For the entries below, repeat exactly each line starting with the one that contains "(own_leaf xs) ≡ true" and going on through the one that contains "(λ c. own_leaves", and no others.
********
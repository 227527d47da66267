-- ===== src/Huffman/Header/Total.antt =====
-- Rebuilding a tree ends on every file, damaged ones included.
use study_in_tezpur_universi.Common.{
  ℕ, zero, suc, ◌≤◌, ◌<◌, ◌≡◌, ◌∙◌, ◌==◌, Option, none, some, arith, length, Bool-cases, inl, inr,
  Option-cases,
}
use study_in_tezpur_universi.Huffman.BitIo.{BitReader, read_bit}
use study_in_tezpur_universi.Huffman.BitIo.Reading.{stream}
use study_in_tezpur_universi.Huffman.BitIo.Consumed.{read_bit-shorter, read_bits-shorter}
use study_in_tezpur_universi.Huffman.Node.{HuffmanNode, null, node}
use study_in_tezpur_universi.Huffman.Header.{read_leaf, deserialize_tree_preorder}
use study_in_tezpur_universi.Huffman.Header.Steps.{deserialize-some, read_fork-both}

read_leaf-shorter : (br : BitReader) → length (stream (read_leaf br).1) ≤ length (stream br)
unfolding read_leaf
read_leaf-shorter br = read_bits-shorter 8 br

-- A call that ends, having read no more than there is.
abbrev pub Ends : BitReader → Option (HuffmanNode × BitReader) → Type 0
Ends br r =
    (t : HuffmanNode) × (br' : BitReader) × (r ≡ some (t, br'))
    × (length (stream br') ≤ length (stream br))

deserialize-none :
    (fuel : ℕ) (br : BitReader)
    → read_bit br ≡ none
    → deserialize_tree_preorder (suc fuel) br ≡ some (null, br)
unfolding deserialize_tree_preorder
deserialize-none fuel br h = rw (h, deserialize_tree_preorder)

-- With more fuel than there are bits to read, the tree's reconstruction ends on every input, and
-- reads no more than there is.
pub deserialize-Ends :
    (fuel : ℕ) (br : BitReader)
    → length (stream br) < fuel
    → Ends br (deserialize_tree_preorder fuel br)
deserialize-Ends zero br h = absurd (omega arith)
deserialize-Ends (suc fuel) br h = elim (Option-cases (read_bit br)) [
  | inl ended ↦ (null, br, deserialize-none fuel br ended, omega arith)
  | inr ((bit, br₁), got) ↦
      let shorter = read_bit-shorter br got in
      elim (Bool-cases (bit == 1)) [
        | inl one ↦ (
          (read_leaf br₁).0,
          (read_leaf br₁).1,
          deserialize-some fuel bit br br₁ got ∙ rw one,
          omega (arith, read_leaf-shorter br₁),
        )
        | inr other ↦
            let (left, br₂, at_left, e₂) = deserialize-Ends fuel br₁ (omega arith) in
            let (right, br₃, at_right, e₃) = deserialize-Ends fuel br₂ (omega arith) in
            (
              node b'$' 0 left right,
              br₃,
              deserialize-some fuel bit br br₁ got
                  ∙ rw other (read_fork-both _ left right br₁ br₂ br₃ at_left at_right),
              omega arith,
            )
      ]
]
********
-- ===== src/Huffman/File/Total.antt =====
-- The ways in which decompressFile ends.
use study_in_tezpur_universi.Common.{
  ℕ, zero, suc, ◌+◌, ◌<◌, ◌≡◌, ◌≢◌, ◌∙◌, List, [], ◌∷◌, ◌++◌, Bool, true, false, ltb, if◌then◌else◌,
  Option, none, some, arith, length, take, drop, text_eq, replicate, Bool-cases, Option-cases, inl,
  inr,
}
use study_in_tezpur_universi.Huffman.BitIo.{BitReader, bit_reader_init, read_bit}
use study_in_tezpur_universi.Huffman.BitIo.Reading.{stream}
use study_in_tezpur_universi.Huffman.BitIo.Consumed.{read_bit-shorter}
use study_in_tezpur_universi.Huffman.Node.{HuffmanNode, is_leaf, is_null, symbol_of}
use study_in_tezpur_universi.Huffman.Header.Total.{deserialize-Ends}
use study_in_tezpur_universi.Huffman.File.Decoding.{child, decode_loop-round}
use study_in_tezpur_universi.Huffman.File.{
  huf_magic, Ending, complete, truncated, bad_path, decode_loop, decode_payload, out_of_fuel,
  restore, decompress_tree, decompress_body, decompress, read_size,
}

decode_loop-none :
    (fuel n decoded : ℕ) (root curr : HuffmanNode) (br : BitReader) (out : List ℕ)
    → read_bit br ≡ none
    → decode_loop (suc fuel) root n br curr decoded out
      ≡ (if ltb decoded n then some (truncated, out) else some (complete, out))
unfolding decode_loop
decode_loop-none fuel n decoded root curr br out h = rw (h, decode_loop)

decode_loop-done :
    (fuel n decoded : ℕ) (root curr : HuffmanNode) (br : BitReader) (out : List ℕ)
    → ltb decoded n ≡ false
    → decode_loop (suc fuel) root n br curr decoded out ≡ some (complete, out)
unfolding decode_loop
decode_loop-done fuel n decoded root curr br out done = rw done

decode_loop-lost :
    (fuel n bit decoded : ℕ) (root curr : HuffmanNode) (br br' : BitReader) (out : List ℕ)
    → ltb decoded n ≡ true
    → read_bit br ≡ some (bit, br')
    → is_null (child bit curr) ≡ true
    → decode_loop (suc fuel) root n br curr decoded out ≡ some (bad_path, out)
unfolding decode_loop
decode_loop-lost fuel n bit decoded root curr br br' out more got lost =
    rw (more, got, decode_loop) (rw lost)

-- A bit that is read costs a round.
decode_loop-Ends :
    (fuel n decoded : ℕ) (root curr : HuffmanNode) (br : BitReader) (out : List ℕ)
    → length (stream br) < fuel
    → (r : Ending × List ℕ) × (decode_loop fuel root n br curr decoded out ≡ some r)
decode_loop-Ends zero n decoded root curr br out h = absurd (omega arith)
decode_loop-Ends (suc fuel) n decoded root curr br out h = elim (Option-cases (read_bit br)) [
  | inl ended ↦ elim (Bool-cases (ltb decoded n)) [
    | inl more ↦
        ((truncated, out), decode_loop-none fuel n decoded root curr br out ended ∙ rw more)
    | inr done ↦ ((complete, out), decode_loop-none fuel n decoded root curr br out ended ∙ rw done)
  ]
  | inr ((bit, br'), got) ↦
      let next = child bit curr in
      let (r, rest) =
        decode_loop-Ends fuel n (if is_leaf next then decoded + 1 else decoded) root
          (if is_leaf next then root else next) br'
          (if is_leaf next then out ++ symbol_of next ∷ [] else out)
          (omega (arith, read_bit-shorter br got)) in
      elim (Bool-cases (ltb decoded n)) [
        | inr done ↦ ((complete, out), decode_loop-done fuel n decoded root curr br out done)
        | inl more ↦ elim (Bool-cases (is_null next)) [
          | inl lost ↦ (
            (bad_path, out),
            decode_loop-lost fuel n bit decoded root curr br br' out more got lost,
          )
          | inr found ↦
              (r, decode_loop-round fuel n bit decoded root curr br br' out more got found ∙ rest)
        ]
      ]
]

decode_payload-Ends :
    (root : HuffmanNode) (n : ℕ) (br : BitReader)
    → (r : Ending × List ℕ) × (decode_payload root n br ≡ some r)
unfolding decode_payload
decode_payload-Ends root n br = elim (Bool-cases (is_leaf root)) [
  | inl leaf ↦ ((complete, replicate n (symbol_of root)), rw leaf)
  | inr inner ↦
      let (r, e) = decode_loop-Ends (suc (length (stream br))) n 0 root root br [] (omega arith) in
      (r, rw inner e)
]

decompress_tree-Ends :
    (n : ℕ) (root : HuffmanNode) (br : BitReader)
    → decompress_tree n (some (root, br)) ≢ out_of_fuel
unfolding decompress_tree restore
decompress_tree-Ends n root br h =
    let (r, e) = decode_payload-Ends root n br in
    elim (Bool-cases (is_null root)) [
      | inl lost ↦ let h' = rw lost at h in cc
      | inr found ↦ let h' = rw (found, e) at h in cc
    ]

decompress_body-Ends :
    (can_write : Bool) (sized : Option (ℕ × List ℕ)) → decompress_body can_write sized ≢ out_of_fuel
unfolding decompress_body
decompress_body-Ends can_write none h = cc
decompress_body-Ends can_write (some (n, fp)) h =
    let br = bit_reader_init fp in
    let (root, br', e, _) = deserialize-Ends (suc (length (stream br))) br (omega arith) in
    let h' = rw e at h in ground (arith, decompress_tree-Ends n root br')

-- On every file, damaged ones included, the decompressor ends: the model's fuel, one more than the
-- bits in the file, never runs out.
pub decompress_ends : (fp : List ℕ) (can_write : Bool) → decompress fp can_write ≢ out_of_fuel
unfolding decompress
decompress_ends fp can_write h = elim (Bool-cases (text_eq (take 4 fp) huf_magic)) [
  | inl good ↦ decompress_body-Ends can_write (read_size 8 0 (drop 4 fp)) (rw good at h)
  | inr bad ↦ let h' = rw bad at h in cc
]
********
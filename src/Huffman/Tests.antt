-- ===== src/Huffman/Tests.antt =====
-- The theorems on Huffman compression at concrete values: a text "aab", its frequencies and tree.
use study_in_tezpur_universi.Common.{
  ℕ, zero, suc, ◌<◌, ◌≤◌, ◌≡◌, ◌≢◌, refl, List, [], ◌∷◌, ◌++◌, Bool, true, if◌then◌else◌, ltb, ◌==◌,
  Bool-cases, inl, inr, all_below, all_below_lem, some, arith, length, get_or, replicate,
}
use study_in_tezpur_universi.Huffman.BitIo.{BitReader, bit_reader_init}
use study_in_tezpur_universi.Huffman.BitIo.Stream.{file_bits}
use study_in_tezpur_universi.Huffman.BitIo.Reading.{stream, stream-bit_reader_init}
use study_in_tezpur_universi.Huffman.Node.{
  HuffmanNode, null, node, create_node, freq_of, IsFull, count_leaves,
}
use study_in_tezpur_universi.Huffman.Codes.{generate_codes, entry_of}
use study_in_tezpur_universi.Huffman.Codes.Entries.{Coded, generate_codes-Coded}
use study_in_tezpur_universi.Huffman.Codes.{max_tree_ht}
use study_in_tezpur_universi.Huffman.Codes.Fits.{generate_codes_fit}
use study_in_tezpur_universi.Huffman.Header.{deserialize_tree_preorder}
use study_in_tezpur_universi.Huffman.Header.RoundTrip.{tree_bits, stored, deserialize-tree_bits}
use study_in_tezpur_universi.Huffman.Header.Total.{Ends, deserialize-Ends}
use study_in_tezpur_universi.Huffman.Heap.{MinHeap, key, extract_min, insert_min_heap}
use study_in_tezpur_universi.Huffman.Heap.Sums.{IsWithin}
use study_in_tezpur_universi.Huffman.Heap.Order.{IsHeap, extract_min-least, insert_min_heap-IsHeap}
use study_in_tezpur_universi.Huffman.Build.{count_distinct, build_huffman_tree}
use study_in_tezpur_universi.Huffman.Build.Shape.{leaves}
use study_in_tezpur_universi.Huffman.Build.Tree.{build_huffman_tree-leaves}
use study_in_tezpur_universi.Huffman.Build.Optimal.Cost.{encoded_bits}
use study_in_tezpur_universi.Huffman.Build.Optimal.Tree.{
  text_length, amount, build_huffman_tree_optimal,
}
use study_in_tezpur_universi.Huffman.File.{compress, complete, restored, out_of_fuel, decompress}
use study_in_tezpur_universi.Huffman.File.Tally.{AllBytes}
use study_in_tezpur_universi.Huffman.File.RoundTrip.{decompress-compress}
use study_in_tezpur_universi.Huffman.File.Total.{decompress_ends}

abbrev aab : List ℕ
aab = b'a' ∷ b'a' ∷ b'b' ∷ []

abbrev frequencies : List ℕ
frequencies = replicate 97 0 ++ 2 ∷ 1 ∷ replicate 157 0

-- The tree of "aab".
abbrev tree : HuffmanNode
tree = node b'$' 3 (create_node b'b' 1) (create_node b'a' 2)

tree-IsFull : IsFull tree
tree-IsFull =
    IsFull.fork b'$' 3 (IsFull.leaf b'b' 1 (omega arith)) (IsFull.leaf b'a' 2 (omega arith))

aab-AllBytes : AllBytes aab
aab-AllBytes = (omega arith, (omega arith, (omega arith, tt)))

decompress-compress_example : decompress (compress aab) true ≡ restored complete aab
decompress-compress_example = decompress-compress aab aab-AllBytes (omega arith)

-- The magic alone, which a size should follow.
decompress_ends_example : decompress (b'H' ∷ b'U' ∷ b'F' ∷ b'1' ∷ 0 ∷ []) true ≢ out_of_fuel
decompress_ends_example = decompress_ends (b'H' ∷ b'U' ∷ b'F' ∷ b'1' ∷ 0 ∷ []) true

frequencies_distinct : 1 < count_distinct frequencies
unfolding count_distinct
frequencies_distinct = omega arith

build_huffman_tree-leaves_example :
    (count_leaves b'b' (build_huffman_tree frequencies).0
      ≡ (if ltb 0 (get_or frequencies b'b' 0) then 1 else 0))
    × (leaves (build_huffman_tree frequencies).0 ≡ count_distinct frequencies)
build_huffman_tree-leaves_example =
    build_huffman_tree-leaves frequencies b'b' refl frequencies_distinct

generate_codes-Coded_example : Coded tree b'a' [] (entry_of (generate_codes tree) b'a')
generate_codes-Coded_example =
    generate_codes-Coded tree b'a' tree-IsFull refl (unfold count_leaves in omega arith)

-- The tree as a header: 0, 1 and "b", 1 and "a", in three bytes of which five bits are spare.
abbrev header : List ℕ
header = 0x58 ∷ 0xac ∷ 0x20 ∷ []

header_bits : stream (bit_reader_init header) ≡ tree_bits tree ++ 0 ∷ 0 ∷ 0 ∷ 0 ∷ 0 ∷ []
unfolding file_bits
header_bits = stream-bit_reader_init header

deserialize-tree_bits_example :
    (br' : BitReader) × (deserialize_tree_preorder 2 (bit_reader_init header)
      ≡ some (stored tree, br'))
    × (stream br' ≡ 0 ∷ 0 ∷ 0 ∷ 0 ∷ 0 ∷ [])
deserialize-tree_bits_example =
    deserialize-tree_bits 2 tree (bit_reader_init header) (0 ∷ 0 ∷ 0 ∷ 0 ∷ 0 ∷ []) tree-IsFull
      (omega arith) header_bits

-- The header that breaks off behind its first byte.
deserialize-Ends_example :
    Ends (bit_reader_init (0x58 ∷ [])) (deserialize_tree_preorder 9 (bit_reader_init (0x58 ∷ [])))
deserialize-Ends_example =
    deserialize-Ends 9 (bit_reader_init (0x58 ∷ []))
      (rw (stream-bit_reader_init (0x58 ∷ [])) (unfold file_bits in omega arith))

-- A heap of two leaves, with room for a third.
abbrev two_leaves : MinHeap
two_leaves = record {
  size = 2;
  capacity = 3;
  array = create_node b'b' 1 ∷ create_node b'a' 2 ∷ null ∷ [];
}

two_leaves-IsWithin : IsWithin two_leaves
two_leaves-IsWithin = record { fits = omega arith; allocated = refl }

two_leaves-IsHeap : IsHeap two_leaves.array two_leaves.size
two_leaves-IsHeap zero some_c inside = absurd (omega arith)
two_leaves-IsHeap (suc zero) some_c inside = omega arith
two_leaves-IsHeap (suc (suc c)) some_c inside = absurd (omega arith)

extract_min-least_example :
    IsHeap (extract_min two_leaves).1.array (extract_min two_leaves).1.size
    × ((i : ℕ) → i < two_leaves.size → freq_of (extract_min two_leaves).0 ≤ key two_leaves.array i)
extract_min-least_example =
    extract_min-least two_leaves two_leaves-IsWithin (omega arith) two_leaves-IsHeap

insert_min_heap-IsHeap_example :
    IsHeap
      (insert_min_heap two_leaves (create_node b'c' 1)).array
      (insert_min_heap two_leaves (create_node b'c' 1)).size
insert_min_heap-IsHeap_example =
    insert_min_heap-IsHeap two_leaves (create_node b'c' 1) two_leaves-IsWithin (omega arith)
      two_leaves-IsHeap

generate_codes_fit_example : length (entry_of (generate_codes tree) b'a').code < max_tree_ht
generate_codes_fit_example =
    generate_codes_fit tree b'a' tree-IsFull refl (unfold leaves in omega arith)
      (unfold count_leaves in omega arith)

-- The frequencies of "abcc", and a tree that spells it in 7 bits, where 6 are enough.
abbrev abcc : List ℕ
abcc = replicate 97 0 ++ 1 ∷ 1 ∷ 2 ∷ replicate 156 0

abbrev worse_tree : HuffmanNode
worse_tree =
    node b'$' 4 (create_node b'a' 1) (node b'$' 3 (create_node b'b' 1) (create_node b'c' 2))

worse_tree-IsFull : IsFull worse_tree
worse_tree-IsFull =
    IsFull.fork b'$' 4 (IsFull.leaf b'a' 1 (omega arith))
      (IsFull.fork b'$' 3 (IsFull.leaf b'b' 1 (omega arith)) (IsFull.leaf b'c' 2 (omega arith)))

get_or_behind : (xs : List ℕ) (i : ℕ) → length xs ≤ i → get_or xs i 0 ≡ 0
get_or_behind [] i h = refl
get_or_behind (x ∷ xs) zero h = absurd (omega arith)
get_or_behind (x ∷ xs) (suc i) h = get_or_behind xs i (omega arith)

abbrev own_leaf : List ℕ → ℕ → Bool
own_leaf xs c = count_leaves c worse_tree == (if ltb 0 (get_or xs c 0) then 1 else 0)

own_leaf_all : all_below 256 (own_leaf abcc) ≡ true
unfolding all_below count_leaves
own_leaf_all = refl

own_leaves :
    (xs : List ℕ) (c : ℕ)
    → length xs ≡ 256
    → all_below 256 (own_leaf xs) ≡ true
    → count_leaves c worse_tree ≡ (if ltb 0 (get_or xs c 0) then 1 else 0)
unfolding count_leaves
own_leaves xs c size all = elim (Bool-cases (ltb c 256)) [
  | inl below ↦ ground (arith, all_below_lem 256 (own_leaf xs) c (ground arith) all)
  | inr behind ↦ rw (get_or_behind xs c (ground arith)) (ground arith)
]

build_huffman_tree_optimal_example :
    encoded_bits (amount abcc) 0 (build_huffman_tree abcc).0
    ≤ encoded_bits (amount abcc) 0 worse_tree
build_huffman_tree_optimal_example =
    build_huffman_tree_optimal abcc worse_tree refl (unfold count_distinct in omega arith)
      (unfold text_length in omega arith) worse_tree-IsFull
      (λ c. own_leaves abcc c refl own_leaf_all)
********
▸ **RESPONSE AREA**
    → all_below 256 (own_leaf xs) ≡ true
    → count_leaves c worse_tree ≡ (if ltb 0 (get_or xs c 0) then 1 else 0)
unfolding count_leaves
own_leaves xs c size all = elim (Bool-cases (ltb c 256)) [
  | inl below ↦ ground (arith, all_below_lem 256 (own_leaf xs) c (ground arith) all)
  | inr behind ↦ rw (get_or_behind xs c (ground arith)) (ground arith)
]

build_huffman_tree_optimal_example :
    encoded_bits (amount abcc) 0 (build_huffman_tree abcc).0
    ≤ encoded_bits (amount abcc) 0 worse_tree
build_huffman_tree_optimal_example =
    build_huffman_tree_optimal abcc worse_tree refl (unfold count_distinct in omega arith)
      (unfold text_length in omega arith) worse_tree-IsFull
      (λ c. own_leaves abcc c refl own_leaf_all)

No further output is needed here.